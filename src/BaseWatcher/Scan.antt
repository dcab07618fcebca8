-- ===== src/BaseWatcher/Scan.antt =====
-- Which burns the base watcher has recorded, whatever fails on the way
-- (services/bridge/src/workers/base-watcher.ts).
use mathlib.Core.List.{Memᴰ}
use mathlib.Core.List.Memᴰ
use faircoin_bridge.BaseWatcher.{
  SeenBurn, accept_burn, add_release_job, create_withdrawal, created, fail_burn, insert_unless,
  insert_withdrawal, is_burn, is_valid_destination, new_withdrawal, over_cap, process_log,
  process_logs, process_new, process_seen, release_burn, seen_burn,
}
use faircoin_bridge.Effects.{◌>>◌}
use faircoin_bridge.Effects.Hoare.{
  Ensures, act-Ensures, bind-Ensures, if-Ensures, known-Ensures, look-Ensures, modify-Ensures,
  pre-Ensures, pure-Ensures, query-Ensures, skip-Ensures, throw-Ensures, weaken-Ensures,
}
use faircoin_bridge.Effects.Keeps.{act-Keeps, ask-Keeps, catch-Keeps, pure-Keeps, then-Ensures}
use faircoin_bridge.Models.Chain.{Log}
use faircoin_bridge.Models.Withdrawal.{Withdrawal, WithdrawalStatus}
use faircoin_bridge.Prelude.{
  Bool, List, Option, [], ap, arith, false, inl, inr, is_some, none, not_both, refl, some,
  some-injective, subst, sym, true, ℕ, ◌++◌, ◌∙◌, ◌∷◌, ◌≡◌, ◌⊎◌,
}
use faircoin_bridge.Prelude.Collection.{Collection, find_one, next_id}
use faircoin_bridge.Store.{Alert, Config, Env, ReleaseJob, Store, alert}

-- There is a withdrawal for this burn.
abbrev pub IsRecorded : SeenBurn → Store → Type 0
IsRecorded b s = is_some (find_one (is_burn b.hash b.index) s.withdrawals) ≡ true

-- The burns that `P` picks are recorded, and the cursor has not moved.
abbrev pub Seen : (SeenBurn → Type 0) → Option ℕ → Store → Type 0
Seen P cursor s = ((b : SeenBurn) → P b → IsRecorded b s) × (s.base_cursor ≡ cursor)

find_one-append :
    (p : Withdrawal → Bool) (c e : Collection Withdrawal)
    → is_some (find_one p c) ≡ true
    → is_some (find_one p (c ++ e)) ≡ true
unfolding find_one
find_one-append p [] e h = cc
find_one-append p ((j, d) ∷ c) e h = ground (arith, find_one-append p c e)

find_one-last :
    (p : Withdrawal → Bool) (c : Collection Withdrawal) (id : ℕ) (d : Withdrawal)
    → p d ≡ true
    → is_some (find_one p (c ++ (id, d) ∷ [])) ≡ true
unfolding find_one
find_one-last p [] id d h = ground arith
find_one-last p ((j, d') ∷ c) id d h = ground (arith, find_one-last p c id d)

insert-Seen :
    (P : SeenBurn → Type 0) (cursor : Option ℕ) (id now : ℕ) (d : Withdrawal) (s : Store)
    → Seen P cursor s
    → Seen P cursor (insert_withdrawal id now d s).1
unfolding insert_withdrawal
insert-Seen P cursor id now d s h =
    go (find_one (is_burn d.base_burn_tx_hash d.log_index) s.withdrawals)
  where
    go : (o : Option (ℕ × Withdrawal)) → Seen P cursor (insert_unless o id now d s).1
    go (some _) = unfold insert_unless in h
    go none = unfold insert_unless in ((λ b p. find_one-append _ s.withdrawals _ (h.0 b p)), h.1)

insert-IsRecorded :
    (id now : ℕ) (d : Withdrawal) (s : Store)
    → is_some (
        find_one
          (is_burn d.base_burn_tx_hash d.log_index)
          (insert_withdrawal id now d s).1.withdrawals)
      ≡ true
unfolding insert_withdrawal
insert-IsRecorded id now d s =
    go (find_one (is_burn d.base_burn_tx_hash d.log_index) s.withdrawals) refl
  where
    go :
        (o : Option (ℕ × Withdrawal))
        → find_one (is_burn d.base_burn_tx_hash d.log_index) s.withdrawals ≡ o
        → is_some (
            find_one
              (is_burn d.base_burn_tx_hash d.log_index)
              (insert_unless o id now d s).1.withdrawals)
          ≡ true
    go (some x) e = unfold insert_unless in ap is_some e
    go none e =
        unfold insert_unless in
        find_one-last _ s.withdrawals id (record d { created_at = now }) (ground arith)

module _ (config : Config) (env : Env) (P : SeenBurn → Type 0) (cursor : Option ℕ) where
  abbrev Done : SeenBurn → Store → Type 0
  Done b s = Seen P cursor s × IsRecorded b s

  create_withdrawal-Done :
      (b : SeenBurn) (address wei sats : ℕ) (st : WithdrawalStatus)
      → Ensures
          (Seen P cursor)
          (create_withdrawal config env (new_withdrawal b address wei sats st))
          (λ _. Done b)
          (Seen P cursor)
  unfolding create_withdrawal
  create_withdrawal-Done b address wei sats st =
      bind-Ensures (λ _. Done b)
        (act-Ensures _ _ (λ n s p.
          let q =
            insert-Seen P cursor (next_id s.withdrawals) (env.now n)
              (new_withdrawal b address wei sats st) s p in
          (
            (
              q,
              insert-IsRecorded (next_id s.withdrawals) (env.now n)
                  (new_withdrawal b address wei sats st) s,
            ),
            p,
            q,
          )))
        inserted
    where
      inserted :
          (o : Option ℕ) → Ensures (Done b) (created config env o) (λ _. Done b) (Seen P cursor)
      inserted none = unfold created in throw-Ensures _ (λ s p. p.0)
      inserted (some id) = unfold created in pure-Ensures _ (λ s p. p)

  fail_burn-Done :
      (b : SeenBurn) (address : ℕ) (a : Alert)
      → Ensures (Seen P cursor) (fail_burn config env b address a) (λ _. Done b) (Seen P cursor)
  unfolding fail_burn alert
  fail_burn-Done b address a =
      then-Ensures (Done b) (create_withdrawal-Done b address _ _ _)
        (modify-Ensures _ _ (λ s p. (p, p.0, p.0)))

  add_release_job-Done :
      (b : SeenBurn) (job : ReleaseJob)
      → Ensures (Done b) (add_release_job config env job) (λ _. Done b) (Seen P cursor)
  unfolding add_release_job
  add_release_job-Done b job = modify-Ensures _ _ (λ s p. (p, p.0, p.0))

  accept_burn-Done :
      (b : SeenBurn) (address : ℕ)
      → Ensures (Seen P cursor) (accept_burn config env b address) (λ _. Done b) (Seen P cursor)
  unfolding accept_burn release_burn
  accept_burn-Done b address =
      bind-Ensures (λ _. Seen P cursor) (act-Keeps _ _ (λ n s p. p))
        λ daily.
          if-Ensures (over_cap config env b daily) (λ _. fail_burn-Done b address _)
            (λ _.
              bind-Ensures _ (create_withdrawal-Done b address _ _ _)
                (λ id. add_release_job-Done b _))

  process_new-Done :
      (b : SeenBurn) (o : Option (ℕ × Withdrawal))
      → Ensures
          (λ s. Seen P cursor s × (find_one (is_burn b.hash b.index) s.withdrawals ≡ o))
          (process_new config env b o)
          (λ _. Done b)
          (Seen P cursor)
  unfolding process_new is_valid_destination
  process_new-Done b (some _) = skip-Ensures (λ s p. (p.0, ap is_some p.1))
  process_new-Done b none =
      bind-Ensures (λ _. Seen P cursor)
        (pre-Ensures (λ s p. p.0) (catch-Keeps (ask-Keeps _ _) (λ _. pure-Keeps _)))
        (λ valid. if-Ensures valid (λ _. accept_burn-Done b _) (λ _. fail_burn-Done b _ _))

  process_log-Seen :
      (l : Log)
      → Ensures
          (Seen P cursor)
          (process_log config env l)
          (λ _. Seen (λ b. P b ⊎ (seen_burn l ≡ some b)) cursor)
          (Seen P cursor)
  unfolding process_log
  process_log-Seen l = go (seen_burn l)
    where
      go :
          (o : Option SeenBurn)
          → Ensures
              (Seen P cursor)
              (process_seen config env o)
              (λ _. Seen (λ b. P b ⊎ (o ≡ some b)) cursor)
              (Seen P cursor)
      go none =
          unfold process_seen in
          skip-Ensures (λ s p. ((λ b h. elim h [ inl x ↦ p.0 b x | inr e ↦ absurd (cc) ]), p.1))
      go (some b) =
          unfold process_seen in
          weaken-Ensures (λ s p. p)
            (λ _ s p. (
              (λ b' h. elim h [
                | inl x ↦ p.0.0 b' x
                | inr e ↦ subst (λ y. IsRecorded y s) (some-injective _ _ e) p.1
              ]),
              p.0.1,
            ))
            (λ s p. p)
            (bind-Ensures
              (λ o s. Seen P cursor s × (find_one (is_burn b.hash b.index) s.withdrawals ≡ o))
              (query-Ensures _ _ (λ s p. ((p, refl), p))) (process_new-Done b))

-- One of these logs reports the burn.
abbrev pub Among : List Log → SeenBurn → Type 0
Among ls b = (l : Log) × Memᴰ l ls × (seen_burn l ≡ some b)

module _ (config : Config) (env : Env) (cursor : Option ℕ)
    (running : (n : ℕ) → env.aborted n ≡ false) where
  pub process_logs-Seen :
      (P : SeenBurn → Type 0) (ls : List Log)
      → Ensures
          (Seen P cursor)
          (process_logs config env ls)
          (λ _. Seen (λ b. P b ⊎ Among ls b) cursor)
          (Seen P cursor)
  unfolding process_logs
  process_logs-Seen P [] =
      skip-Ensures (λ s p.
        ((λ b h. elim h [ inl x ↦ p.0 b x | inr (l, m, e) ↦ absurd (Memᴰ.not-nil m) ]), p.1))
  process_logs-Seen P (l ∷ ls) =
      bind-Ensures (λ (aborted : Bool) s. Seen P cursor s × (aborted ≡ false))
        (look-Ensures _ (λ n s p. (p, running n)))
        (λ aborted.
          if-Ensures aborted (λ t. known-Ensures (λ s p. p.1) (λ f. absurd (not_both t f)))
            (λ _. pre-Ensures (λ s p. p.0) (rest (process_logs-Seen one ls))))
    where
      one : SeenBurn → Type 0
      one b = P b ⊎ (seen_burn l ≡ some b)

      regroup : (b : SeenBurn) → P b ⊎ Among (l ∷ ls) b → one b ⊎ Among ls b
      regroup b (inl x) = inl (inl x)
      regroup b (inr (m, h, e)) = elim (Memᴰ.cases_cons h) [
        | inl same ↦ inl (inr (ap seen_burn (sym same) ∙ e))
        | inr h' ↦ inr (m, h', e)
      ]

      rest :
          Ensures
            (Seen one cursor)
            (process_logs config env ls)
            (λ _. Seen (λ b. one b ⊎ Among ls b) cursor)
            (Seen one cursor)
          → Ensures
              (Seen P cursor)
              (process_log config env l >> process_logs config env ls)
              (λ _. Seen (λ b. P b ⊎ Among (l ∷ ls) b) cursor)
              (Seen P cursor)
      rest others = then-Ensures (Seen one cursor) (process_log-Seen config env P cursor l) (
          weaken-Ensures (λ s p. p) (λ _ s p. ((λ b h. p.0 b (regroup b h)), p.1))
            (λ s p. ((λ b x. p.0 b (inl x)), p.1)) others)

◇ ◇ ◇ ◇

> Exercise requirements
Where the string "abbrev" turns up in a line of the data above, copy that whole line.

> Written answer
abbrev pub IsRecorded : SeenBurn → Store → Type 0
abbrev pub Seen : (SeenBurn → Type 0) → Option ℕ → Store → Type 0
  abbrev Done : SeenBurn → Store → Type 0
abbrev pub Among : List Log → SeenBurn → Type 0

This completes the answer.